** DATA RECORDS follows **

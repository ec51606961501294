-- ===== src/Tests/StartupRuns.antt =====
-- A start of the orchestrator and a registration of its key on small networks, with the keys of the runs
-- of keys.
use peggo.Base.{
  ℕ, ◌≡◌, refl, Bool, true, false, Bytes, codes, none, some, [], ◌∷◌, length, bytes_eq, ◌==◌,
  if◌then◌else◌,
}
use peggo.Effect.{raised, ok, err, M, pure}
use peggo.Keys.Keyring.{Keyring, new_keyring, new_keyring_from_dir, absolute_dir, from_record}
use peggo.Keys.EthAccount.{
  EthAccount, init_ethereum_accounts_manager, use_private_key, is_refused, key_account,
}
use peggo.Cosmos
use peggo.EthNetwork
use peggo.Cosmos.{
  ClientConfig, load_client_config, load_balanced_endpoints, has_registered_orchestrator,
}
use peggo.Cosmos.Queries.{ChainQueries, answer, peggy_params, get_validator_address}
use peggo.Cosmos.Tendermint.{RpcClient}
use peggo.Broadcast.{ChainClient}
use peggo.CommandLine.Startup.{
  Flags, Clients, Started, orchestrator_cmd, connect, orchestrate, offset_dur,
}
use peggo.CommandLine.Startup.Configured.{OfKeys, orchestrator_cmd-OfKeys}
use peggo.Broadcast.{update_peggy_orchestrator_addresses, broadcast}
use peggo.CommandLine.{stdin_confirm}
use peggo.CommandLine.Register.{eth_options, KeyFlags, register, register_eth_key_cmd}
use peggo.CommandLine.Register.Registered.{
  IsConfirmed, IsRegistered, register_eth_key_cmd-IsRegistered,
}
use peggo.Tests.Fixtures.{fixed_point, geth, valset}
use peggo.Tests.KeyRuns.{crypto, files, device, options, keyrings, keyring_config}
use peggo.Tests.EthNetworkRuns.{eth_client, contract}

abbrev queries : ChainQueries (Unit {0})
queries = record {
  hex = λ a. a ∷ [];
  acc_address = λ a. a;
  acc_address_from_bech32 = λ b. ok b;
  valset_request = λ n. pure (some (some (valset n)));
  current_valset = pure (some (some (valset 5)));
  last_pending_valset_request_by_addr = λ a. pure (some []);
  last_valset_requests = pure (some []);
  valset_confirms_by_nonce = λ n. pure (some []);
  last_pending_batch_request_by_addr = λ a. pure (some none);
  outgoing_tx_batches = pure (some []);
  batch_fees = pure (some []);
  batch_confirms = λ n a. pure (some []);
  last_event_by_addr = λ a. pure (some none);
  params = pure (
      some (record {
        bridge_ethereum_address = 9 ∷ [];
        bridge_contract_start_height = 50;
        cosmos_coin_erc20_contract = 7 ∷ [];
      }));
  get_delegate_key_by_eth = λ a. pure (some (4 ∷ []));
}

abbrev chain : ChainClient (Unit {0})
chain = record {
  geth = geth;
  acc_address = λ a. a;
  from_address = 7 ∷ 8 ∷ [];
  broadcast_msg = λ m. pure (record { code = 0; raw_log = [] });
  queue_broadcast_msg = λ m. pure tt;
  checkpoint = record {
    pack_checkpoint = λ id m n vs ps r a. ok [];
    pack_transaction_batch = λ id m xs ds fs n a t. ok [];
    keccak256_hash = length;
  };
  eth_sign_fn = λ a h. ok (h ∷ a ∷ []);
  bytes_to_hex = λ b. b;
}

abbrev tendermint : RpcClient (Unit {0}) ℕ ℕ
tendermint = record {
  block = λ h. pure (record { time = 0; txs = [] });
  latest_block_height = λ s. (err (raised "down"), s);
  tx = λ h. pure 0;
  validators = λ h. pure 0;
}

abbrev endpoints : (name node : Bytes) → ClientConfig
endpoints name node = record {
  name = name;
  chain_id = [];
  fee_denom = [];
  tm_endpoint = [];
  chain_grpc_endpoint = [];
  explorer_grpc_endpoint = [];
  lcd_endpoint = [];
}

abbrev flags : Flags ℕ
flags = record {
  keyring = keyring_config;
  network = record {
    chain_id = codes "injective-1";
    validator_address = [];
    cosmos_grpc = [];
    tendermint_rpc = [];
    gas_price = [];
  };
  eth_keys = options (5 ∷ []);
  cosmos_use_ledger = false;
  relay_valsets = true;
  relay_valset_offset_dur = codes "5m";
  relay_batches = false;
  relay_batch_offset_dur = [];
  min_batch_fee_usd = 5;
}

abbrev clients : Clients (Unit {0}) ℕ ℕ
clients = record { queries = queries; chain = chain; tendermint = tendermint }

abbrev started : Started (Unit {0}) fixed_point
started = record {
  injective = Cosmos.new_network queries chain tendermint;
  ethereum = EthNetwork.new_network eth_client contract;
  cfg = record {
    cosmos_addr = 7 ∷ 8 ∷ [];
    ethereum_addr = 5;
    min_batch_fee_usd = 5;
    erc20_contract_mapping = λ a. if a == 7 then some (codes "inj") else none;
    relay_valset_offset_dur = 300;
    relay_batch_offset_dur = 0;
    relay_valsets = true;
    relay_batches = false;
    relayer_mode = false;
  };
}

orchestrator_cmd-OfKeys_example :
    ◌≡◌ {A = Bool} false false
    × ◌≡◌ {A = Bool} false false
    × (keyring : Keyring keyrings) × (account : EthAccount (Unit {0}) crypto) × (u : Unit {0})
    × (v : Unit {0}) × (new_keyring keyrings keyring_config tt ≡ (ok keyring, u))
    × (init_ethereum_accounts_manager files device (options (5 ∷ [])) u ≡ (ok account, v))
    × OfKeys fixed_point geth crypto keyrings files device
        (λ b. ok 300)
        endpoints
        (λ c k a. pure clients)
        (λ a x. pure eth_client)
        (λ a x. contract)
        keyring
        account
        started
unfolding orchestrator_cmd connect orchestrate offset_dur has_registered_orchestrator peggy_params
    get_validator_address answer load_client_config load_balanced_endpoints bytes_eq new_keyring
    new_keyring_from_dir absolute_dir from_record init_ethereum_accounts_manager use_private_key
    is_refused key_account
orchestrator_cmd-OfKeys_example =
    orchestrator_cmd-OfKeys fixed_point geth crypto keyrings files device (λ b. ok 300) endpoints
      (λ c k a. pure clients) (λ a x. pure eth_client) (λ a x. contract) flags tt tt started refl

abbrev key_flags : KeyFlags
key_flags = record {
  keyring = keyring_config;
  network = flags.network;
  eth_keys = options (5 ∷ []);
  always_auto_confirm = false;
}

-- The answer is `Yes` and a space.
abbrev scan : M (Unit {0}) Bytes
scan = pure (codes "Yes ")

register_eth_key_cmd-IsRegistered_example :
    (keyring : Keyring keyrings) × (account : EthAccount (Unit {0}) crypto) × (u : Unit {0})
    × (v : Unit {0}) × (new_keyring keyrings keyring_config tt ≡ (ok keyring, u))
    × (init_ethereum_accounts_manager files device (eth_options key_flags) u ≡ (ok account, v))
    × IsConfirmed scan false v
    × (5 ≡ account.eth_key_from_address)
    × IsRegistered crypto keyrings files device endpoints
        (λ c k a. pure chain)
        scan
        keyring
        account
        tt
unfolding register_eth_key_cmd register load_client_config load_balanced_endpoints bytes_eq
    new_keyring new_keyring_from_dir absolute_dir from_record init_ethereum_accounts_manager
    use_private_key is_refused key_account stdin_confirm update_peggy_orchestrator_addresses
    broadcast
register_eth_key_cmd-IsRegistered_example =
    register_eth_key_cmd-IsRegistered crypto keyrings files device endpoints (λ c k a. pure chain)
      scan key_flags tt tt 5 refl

** End of DATA RECORDS **
** DATA RECORDS follows **

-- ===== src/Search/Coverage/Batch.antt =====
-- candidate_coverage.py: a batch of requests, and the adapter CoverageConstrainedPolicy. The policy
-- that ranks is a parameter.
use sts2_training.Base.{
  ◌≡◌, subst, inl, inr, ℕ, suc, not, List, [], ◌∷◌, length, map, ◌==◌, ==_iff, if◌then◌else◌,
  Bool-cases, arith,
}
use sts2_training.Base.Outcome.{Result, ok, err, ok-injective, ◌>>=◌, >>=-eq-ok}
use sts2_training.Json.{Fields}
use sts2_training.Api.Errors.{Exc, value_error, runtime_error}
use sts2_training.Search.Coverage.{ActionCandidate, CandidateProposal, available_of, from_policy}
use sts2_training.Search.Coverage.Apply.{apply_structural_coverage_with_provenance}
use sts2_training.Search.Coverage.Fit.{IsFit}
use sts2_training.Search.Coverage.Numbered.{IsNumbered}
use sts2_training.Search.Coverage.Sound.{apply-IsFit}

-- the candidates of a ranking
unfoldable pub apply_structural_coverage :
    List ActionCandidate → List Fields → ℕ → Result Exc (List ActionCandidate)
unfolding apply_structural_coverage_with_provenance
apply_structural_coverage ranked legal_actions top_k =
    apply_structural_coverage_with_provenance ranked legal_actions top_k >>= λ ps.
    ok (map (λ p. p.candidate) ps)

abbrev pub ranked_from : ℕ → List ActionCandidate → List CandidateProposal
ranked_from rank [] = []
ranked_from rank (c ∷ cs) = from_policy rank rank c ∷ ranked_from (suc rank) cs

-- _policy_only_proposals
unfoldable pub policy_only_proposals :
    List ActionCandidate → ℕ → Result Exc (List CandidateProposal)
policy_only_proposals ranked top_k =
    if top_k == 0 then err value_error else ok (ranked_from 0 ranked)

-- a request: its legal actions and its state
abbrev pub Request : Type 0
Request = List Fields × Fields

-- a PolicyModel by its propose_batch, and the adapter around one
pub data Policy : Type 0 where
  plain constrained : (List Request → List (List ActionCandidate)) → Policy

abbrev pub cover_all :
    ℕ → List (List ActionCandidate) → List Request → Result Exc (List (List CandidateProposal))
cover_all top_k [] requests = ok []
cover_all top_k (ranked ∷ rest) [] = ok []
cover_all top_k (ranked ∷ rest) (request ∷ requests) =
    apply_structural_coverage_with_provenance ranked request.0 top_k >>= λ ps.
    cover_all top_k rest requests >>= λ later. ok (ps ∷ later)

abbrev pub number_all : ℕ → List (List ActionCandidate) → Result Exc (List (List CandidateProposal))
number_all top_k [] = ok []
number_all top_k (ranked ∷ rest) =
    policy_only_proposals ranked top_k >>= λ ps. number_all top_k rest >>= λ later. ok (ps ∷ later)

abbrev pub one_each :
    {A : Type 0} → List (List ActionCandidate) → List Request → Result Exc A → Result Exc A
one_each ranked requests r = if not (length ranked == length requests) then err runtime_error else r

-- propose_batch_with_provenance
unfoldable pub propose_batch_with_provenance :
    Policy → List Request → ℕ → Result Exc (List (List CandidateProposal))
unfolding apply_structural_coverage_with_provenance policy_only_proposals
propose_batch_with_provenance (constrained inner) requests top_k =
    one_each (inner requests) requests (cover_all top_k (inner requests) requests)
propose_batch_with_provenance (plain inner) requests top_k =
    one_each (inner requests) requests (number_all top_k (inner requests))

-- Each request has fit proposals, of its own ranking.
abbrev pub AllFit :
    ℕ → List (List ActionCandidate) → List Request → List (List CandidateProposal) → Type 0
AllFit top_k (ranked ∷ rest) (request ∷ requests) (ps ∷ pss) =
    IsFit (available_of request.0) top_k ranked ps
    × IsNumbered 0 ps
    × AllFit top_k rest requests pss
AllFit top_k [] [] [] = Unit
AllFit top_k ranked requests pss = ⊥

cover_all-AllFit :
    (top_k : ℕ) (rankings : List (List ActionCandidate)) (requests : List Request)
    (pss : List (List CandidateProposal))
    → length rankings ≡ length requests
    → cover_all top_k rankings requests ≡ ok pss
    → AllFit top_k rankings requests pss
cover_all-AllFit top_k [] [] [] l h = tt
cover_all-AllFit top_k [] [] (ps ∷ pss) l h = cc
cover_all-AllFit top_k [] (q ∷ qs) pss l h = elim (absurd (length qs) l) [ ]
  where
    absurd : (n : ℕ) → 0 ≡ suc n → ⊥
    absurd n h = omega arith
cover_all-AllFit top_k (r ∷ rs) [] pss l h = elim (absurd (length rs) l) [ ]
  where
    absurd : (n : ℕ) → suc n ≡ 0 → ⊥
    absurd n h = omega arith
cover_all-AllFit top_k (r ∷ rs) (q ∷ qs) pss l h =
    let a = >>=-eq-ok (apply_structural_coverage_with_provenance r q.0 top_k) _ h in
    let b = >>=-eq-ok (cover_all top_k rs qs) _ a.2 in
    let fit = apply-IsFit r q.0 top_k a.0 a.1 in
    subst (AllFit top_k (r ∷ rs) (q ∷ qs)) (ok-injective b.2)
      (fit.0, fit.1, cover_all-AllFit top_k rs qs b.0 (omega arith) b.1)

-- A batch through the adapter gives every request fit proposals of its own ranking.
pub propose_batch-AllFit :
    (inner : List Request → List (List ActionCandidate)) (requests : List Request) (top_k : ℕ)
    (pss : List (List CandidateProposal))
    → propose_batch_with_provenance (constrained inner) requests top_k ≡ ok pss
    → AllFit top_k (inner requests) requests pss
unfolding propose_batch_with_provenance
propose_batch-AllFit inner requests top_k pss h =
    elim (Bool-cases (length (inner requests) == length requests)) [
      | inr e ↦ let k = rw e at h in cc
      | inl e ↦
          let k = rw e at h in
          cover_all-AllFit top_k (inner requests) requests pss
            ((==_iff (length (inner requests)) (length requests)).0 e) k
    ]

** End of DATA RECORDS **

*PROBLEM*. Of the entries above, repeat exactly the lines from the line with "repository ec51606961501294" through the line with "last_valset_requests = pure (some []);", both of them included.

*EXERCISE OUTPUT*.
repository ec51606961501294
-- ===== src/Tests/StartupRuns.antt =====
-- A start of the orchestrator and a registration of its key on small networks, with the keys of the runs
-- of keys.
use peggo.Base.{
  ℕ, ◌≡◌, refl, Bool, true, false, Bytes, codes, none, some, [], ◌∷◌, length, bytes_eq, ◌==◌,
  if◌then◌else◌,
}
use peggo.Effect.{raised, ok, err, M, pure}
use peggo.Keys.Keyring.{Keyring, new_keyring, new_keyring_from_dir, absolute_dir, from_record}
use peggo.Keys.EthAccount.{
  EthAccount, init_ethereum_accounts_manager, use_private_key, is_refused, key_account,
}
use peggo.Cosmos
use peggo.EthNetwork
use peggo.Cosmos.{
  ClientConfig, load_client_config, load_balanced_endpoints, has_registered_orchestrator,
}
use peggo.Cosmos.Queries.{ChainQueries, answer, peggy_params, get_validator_address}
use peggo.Cosmos.Tendermint.{RpcClient}
use peggo.Broadcast.{ChainClient}
use peggo.CommandLine.Startup.{
  Flags, Clients, Started, orchestrator_cmd, connect, orchestrate, offset_dur,
}
use peggo.CommandLine.Startup.Configured.{OfKeys, orchestrator_cmd-OfKeys}
use peggo.Broadcast.{update_peggy_orchestrator_addresses, broadcast}
use peggo.CommandLine.{stdin_confirm}
use peggo.CommandLine.Register.{eth_options, KeyFlags, register, register_eth_key_cmd}
use peggo.CommandLine.Register.Registered.{
  IsConfirmed, IsRegistered, register_eth_key_cmd-IsRegistered,
}
use peggo.Tests.Fixtures.{fixed_point, geth, valset}
use peggo.Tests.KeyRuns.{crypto, files, device, options, keyrings, keyring_config}
use peggo.Tests.EthNetworkRuns.{eth_client, contract}

abbrev queries : ChainQueries (Unit {0})
queries = record {
  hex = λ a. a ∷ [];
  acc_address = λ a. a;
  acc_address_from_bech32 = λ b. ok b;
  valset_request = λ n. pure (some (some (valset n)));
  current_valset = pure (some (some (valset 5)));
  last_pending_valset_request_by_addr = λ a. pure (some []);
  last_valset_requests = pure (some []);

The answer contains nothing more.